Я предпочитаю обходиться одной сломанной душой — собственной.

А судьба, похоже, не собирается упрощать мое существование, да? Подсовывает девчонку из прошлого, вытаскивая из глубин сознания паршивые воспоминания. Один образ тянет за собой другой, и так до бесконечности, пока в конечном итоге давно былое не затаскивает разум в мощную бурю.

Часто сравниваю свою голову с жилищем барахольщика, страдающего накопительством. Столько ненужного хлама, от которого по-хорошему нужно избавляться, но я храню весь мусор, сдувая с него пылинки. Плохое, хорошее — все хламится в одной куче, поэтому я давно перестал разделять и отличать одно от другого.

Узнав, что Даниэла будет работать на нас, я взялся за сигарету. До этого не курил два года.

Нервишки взбунтовались, вынудив схватиться за отраву. Теперь бы оторваться от фильтра. В никотиновом тумане, которым пропитался мой кабинет, проще думать о Покровской и о том, какую дичь она вытворяла в школьные годы.

Про таких, как она говорят: «Ах, это же та самая главная школьная сучка!», которая скорее глотки всем вокруг перегрызет, но отстоит свою правоту и удержит корону на голове. Редкостная, но незабвенная дрянь, в которую я когда-то по уши втрескался.

Рома и Феликс об этом по-прежнему ни слухом ни духом. Я стыдился чувств к Даниэле.

Мне казалось, что я предавал своих братьев. Каждый раз, когда видел эту роковую красотку с роскошными шелковистыми локонами цвета горького шоколада и млел от того, как она взмахивала ими, как они пружинили при грациозной походке; каждый раз, когда смотрел в ее пронзительные васильковые глаза, глядевшие на меня в ответ с презрением и исступленностью.
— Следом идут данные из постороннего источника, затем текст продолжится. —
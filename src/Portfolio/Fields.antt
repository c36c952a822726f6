-- ===== src/Portfolio/Fields.antt =====
-- shared/portfolio-dto.ts: the checks of one field, which those of the records are made of.
use csboard_extension.Prelude.{
  ℕ, zero, ◌^◌, Bool, true, false, not, ◌||◌, Option, none, some, List, [], ◌∷◌, map, leb, ltb,
  length, all,
}
use csboard_extension.Prelude.Int.{ℤ, pos, negsuc, ltb_ℤ, is_safe_integer}
use csboard_extension.Prelude.Text.{Text, codes, is_digit, is_run_of}
use csboard_extension.Prelude.Pattern.{is_space}
use csboard_extension.Shared.Result.{ok, ◌>>◌, throw_if, in_order}
use csboard_extension.Gateway.Error.{Checked, invalid_at_path, require}
use csboard_extension.Gateway.Identity.{decimal}
use csboard_extension.Gateway.Payload.{Number, int, fraction, non_finite}
use csboard_extension.Portfolio.Records.{Sticker}

abbrev pub max_inventory_items_per_run : ℕ
max_inventory_items_per_run = 5000

abbrev pub max_trades_per_run : ℕ
max_trades_per_run = 100

abbrev pub max_offers_per_run : ℕ
max_offers_per_run = 1000

pub record Url : Type 0 where
  pub origin : Text
  pub pathname : Text

unfoldable pub assert_identifier : Text → Checked (Unit {0})
assert_identifier value = require (is_run_of is_digit 1 32 value) invalid_at_path

unfoldable pub assert_quantity : Text → Checked (Unit {0})
unfolding assert_identifier
assert_quantity value =
    assert_identifier value
    >> throw_if (ltb (decimal value) 1 || ltb 1000 (decimal value)) invalid_at_path

unfoldable pub assert_timestamp : ℤ → Checked (Unit {0})
assert_timestamp value =
    throw_if (not (is_safe_integer value) || ltb_ℤ value (pos 1) || ltb_ℤ (pos 9_999_999_999) value)
      invalid_at_path

unfoldable pub assert_steam_account_id : Text → Checked (Unit {0})
unfolding assert_identifier
assert_steam_account_id value =
    assert_identifier value >> throw_if (ltb 4_294_967_295 (decimal value)) invalid_at_path

abbrev pub if_present {ℓ} : {A : Type ℓ} → Option A → (A → Checked (Unit {0})) → Checked (Unit {0})
if_present none check = ok tt
if_present (some a) check = check a

-- The element type of the list is read off it.
abbrev pub for_each {ℓ} : {A : Type ℓ} → List A → (A → Checked (Unit {0})) → Checked (Unit {0})
for_each xs check = in_order (map check xs)

-- `!value.trim() || value.length > limit`
unfoldable pub is_bad_name : ℕ → Text → Bool
is_bad_name limit value = all is_space value || ltb limit (length value)

-- A finite number from 0 to 1.
unfoldable pub is_unit_interval : Number → Bool
is_unit_interval (int (pos n)) = leb n 1
is_unit_interval (int (negsuc n)) = false
is_unit_interval (fraction (pos m) e) = leb m (10 ^ e)
is_unit_interval (fraction (negsuc m) e) = false
is_unit_interval non_finite = false

abbrev pub is_zero : ℤ → Bool
is_zero (pos zero) = true
is_zero n = false

abbrev pub in_range : ℕ → ℤ → Checked (Unit {0})
in_range limit n =
    throw_if (not (is_safe_integer n) || ltb_ℤ n (pos 0) || ltb_ℤ (pos limit) n) invalid_at_path

unfoldable pub assert_sticker : Sticker → Checked (Unit {0})
assert_sticker s =
    throw_if
      (not (is_safe_integer s.slot)
        || ltb_ℤ s.slot (pos 0)
        || ltb_ℤ (pos 5) s.slot
        || is_bad_name 160 s.name
        || bad_wear s.wear)
      invalid_at_path
  where
    bad_wear : Option Number → Bool
    bad_wear none = false
    bad_wear (some wear) = not (is_unit_interval wear)

abbrev pub economy_image : Text
economy_image = codes "/economy/image/"

abbrev pub icon_origins : List Text
icon_origins =
    codes "https://community.cloudflare.steamstatic.com"
    ∷ codes "https://steamcommunity-a.akamaihd.net"
    ∷ []

-- A list of at most five stickers, each of which is in order.
abbrev pub assert_stickers : Option (List Sticker) → Checked (Unit {0})
assert_stickers none = ok tt
assert_stickers (some l) = throw_if (ltb 5 (length l)) invalid_at_path >> for_each l assert_sticker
Знойная красавица пленяла — да так, что век в слюнях топиться, рисуя образ девушки в воображении.

Черт, после выпуска из школы я ни на день не забывал Дану. Ненавидел и желал ее.

В то время как мои братья покрывали это имя проклятиями, я как придурок восхвалял ее голос, полный яда, и грезил о пухлых губах. Наверное, я родился чокнутым. Хотя по всем справкам психически здоров и уравновешен.

Дана пробуждала во мне какой-то особый вид безумия.

Сейчас, вместо того, чтобы заниматься решением рабочих вопросов, я думаю, под каким предлогом затащить брюнетку в свое прокуренное логово.

Я же ее босс, в конце концов. Поводов — масса.

Фантазируй, Макар. Фантазируй.

По стационарному телефону связываюсь с Настей из приемной.

— Солнце, хочу булочек. Скажи Дане, чтобы сбегала до пекарни и купила мне парочку синнабонов.

В желудке как по команде заурчало. Представляю свежее тесто, покрытое волнами глазури и укутанное в аромат корицы, и быстро добавляю:

— Пусть бросает все дела. Если не управится за полчаса, я съем ее. Так и передай.

Едва завершаю вызов, дверь в мой кабинет распахивается.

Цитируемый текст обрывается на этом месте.